For patients with Spetzler-Ponce Class C ubAVMs treated by surgery, 38.6% (17 of 44 [95% CI 25.7–53.4%]) experienced a new permanent neurological deficit with an mRS score > 1 at last follow-up from either embolization (2 patients) or surgery (15 patients; 34.1% [95% CI 21.8%–48.9%]).

For patients with Spetzler-Ponce Class C ubAVMs treated by surgery, 15.9% (7 of 44 [95% CI 7.6%–29.7%]) experienced new permanent neurological deficits with an mRS score > 2 at last follow-up from either embolization (2 patients) or surgery (5 patients; 11.4% [95% CI 4.5%–24.4%]). Forty patients with Spetzler-Ponce Class C ubAVMs were recommended for conservative management or were treated elsewhere. Of these, 25 patients who were eligible for surgery (36.2% of 69 combined patients with increased risk and patients undergoing surgery) were excluded because of perceived increased risk from surgery. The breakdown of the characteristics of cases as analyzed is presented in Table 4. Had patients excluded because of perceived risk from surgery undergone surgery and experienced an adverse outcome, the risk of a new permanent neurological deficit with an mRS score > 1 would have been 60.9% (95% CI 49.2%–71.5%; 42 of 69 patients) and for mRS score > 2 would have been 46.4% (95% CI 36.5%–59.4%; 32 of 69 patients). The median time between referral and surgery for Spetzler-Ponce Class C was 67 days (25th percentile and 75th percentile of 36 and 176 days, respectively).

Complete bAVM resection was confirmed by postoperative DSA in 333 of 341 patients (97.7% [95% CI 95.4%–98.9%]). Three patients who had a persisting bAVM underwent further treatment to achieve DSAconfirmed complete resection by focused irradiation in 2 patients and endovascular treatment in 1 patient. Five patients died and did not undergo postoperative DSA. All patients with Spetzler-Ponce Class A ubAVMs (except for the patient who died of myocardial infarction during surgery) had confirmed complete resection of the bAVM by postoperative DSA.

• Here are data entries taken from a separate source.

-- ===== src/Printf/Buffer/Texts.antt =====
-- What `snprintf` leaves in its buffer for a format that is made of pieces.
use jos.Base.{ℕ, ◌+◌, ◌^◌, ◌<◌, ◌≡◌, ◌≢◌, ◌∙◌, some, List, [], ◌∷◌, arith, length, get_or, ap}
use jos.Memory.{Mem, SameOutside, Apart}
use jos.Memory.Text.{IsText-frame}
use jos.Printf.{sprintputch}
use jos.Printf.Format.Pieces.{
  Piece, literal, hex, dec, oct, uns, low_hex, ptr, char, err, str, cut_str, null_str, percent,
  formats, arguments, texts, IsPlaced, ArePieces,
}
use jos.Printf.Format.Pieces.Printed.{vprintfmt-texts_on}
use jos.Printf.Snprintf.{snprintf, null_terminate, new_buffer}
use jos.Printf.Buffer.{
  Snprinted, Printing, sprintputch-Printing, new_buffer-Printing, null_terminate-Snprinted,
  vsnprintf_run,
}

-- The strings of the pieces lie outside the `n` bytes from `p` on.
abbrev pub AreApart : ℕ → ℕ → List Piece → Type 0
AreApart p n [] = 0 < 1
AreApart p n (str a cs ∷ ps) = Apart p n a (length cs + 1) × AreApart p n ps
AreApart p n (cut_str k a cs ∷ ps) = Apart p n a (length cs + 1) × AreApart p n ps
AreApart p n (q ∷ ps) = AreApart p n ps

module _ (m m' : Mem) (p n fuel : ℕ) (same : SameOutside m m' p n) where
  IsPlaced-kept :
      (a : ℕ) (cs : List ℕ)
      → Apart p n a (length cs + 1)
      → IsPlaced m fuel a cs
      → IsPlaced m' fuel a cs
  IsPlaced-kept a cs apart ok = (
    ok.0,
    ok.1,
    IsText-frame m m' a cs (λ q h k. same q (omega (arith, apart))) ok.2,
    ok.3,
    ok.4,
    ok.5,
  )

  ArePieces-kept : (ps : List Piece) → AreApart p n ps → ArePieces m fuel ps → ArePieces m' fuel ps
  ArePieces-kept [] apart ok = ok
  ArePieces-kept (str a cs ∷ ps) apart ok =
      (IsPlaced-kept a cs apart.0 ok.0, ArePieces-kept ps apart.1 ok.1)
  ArePieces-kept (cut_str k a cs ∷ ps) apart ok =
      ((ok.0.0, IsPlaced-kept a cs apart.0 ok.0.1), ArePieces-kept ps apart.1 ok.1)
  ArePieces-kept (literal cs ∷ ps) apart ok = (ok.0, ArePieces-kept ps apart ok.1)
  ArePieces-kept (hex x ∷ ps) apart ok = (ok.0, ArePieces-kept ps apart ok.1)
  ArePieces-kept (dec x ∷ ps) apart ok = (ok.0, ArePieces-kept ps apart ok.1)
  ArePieces-kept (oct x ∷ ps) apart ok = (ok.0, ArePieces-kept ps apart ok.1)
  ArePieces-kept (uns x ∷ ps) apart ok = (ok.0, ArePieces-kept ps apart ok.1)
  ArePieces-kept (low_hex x ∷ ps) apart ok = (ok.0, ArePieces-kept ps apart ok.1)
  ArePieces-kept (ptr x ∷ ps) apart ok = (ok.0, ArePieces-kept ps apart ok.1)
  ArePieces-kept (char x ∷ ps) apart ok = (ok.0, ArePieces-kept ps apart ok.1)
  ArePieces-kept (err x ∷ ps) apart ok = (ok.0, ArePieces-kept ps apart ok.1)
  ArePieces-kept (null_str ∷ ps) apart ok = (ok.0, ArePieces-kept ps apart ok.1)
  ArePieces-kept (percent ∷ ps) apart ok = (ok.0, ArePieces-kept ps apart ok.1)

-- For a buffer of `n` bytes, with `n` a positive `int`, and a format that is made of pieces whose
-- strings stand in memory outside the buffer, `snprintf` returns. It has written only to the buffer,
-- kept the first `n - 1` characters of the texts of the pieces, ended them with a 0, and returns how
-- many characters the texts have.
pub snprintf-texts :
    (fuel : ℕ) (m : Mem) (p n : ℕ) (ps : List Piece)
    → p ≢ 0
    → 0 < n
    → n < 2 ^ 31
    → ArePieces m fuel ps
    → AreApart p n ps
    → (r : Mem × ℕ) × (snprintf fuel m p n (formats ps) (arguments ps) ≡ some r)
      × Snprinted m p n (texts ps) r
unfolding snprintf
snprintf-texts fuel m p n ps not_null some_room small ok apart =
    let printed =
      vprintfmt-texts_on sprintputch (λ s. s.0) fuel (Printing m p n) (sprintputch-Printing m p n)
        ps (m, new_buffer p n) (new_buffer-Printing m p n some_room)
        (λ t h. ArePieces-kept m (t.0) p n fuel h.same ps apart ok) in
    let (r, ended, left) = null_terminate-Snprinted m p n (texts ps) some_room in
    (
      r,
      vsnprintf_run fuel m p n (formats ps) (λ i. get_or (arguments ps) i 0) not_null some_room
            small
          ∙ ap null_terminate printed
          ∙ ended,
      left,
    )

Risk of Hemorrhage for Untreated ubAVMs Compared With the Sensitivity Analysis of the Risk From Surgery

Superimposing upon the Kaplan-Meier curve (of the risk of hemorrhage) the risk from surgery, the crossover occurred within 5 months for Spetzler-Ponce Class A ubAVMs, between 8 and 9 years for Spetzler-Ponce Class B ubAVMs, and did not occur for Spetzler-Ponce Class C ubAVMs for outcomes with mRS score > 1 (Fig. 4). However, little reliance should be placed on the point of crossover if this is predicted to occur beyond 5 years because of the small number of patients remaining at risk at this time.

Fig. 4.
Fig. 4.

Modified Rankin Scale score outcomes for surgery, sensitivity analysis of surgery, and hemorrhage from ubAVM. The mRS outcome of Kaplan-Meier percentage of natural history (377 patients) is superimposed on sensitivity analysis of surgery. A total of 190 patients had Spetzler-Ponce Class A ubAVMs, 109 had Spetzler-Ponce Class B ubAVMs, and 69 had Spetzler-Ponce Class C ubAVMs. KM = Kaplan-Meier.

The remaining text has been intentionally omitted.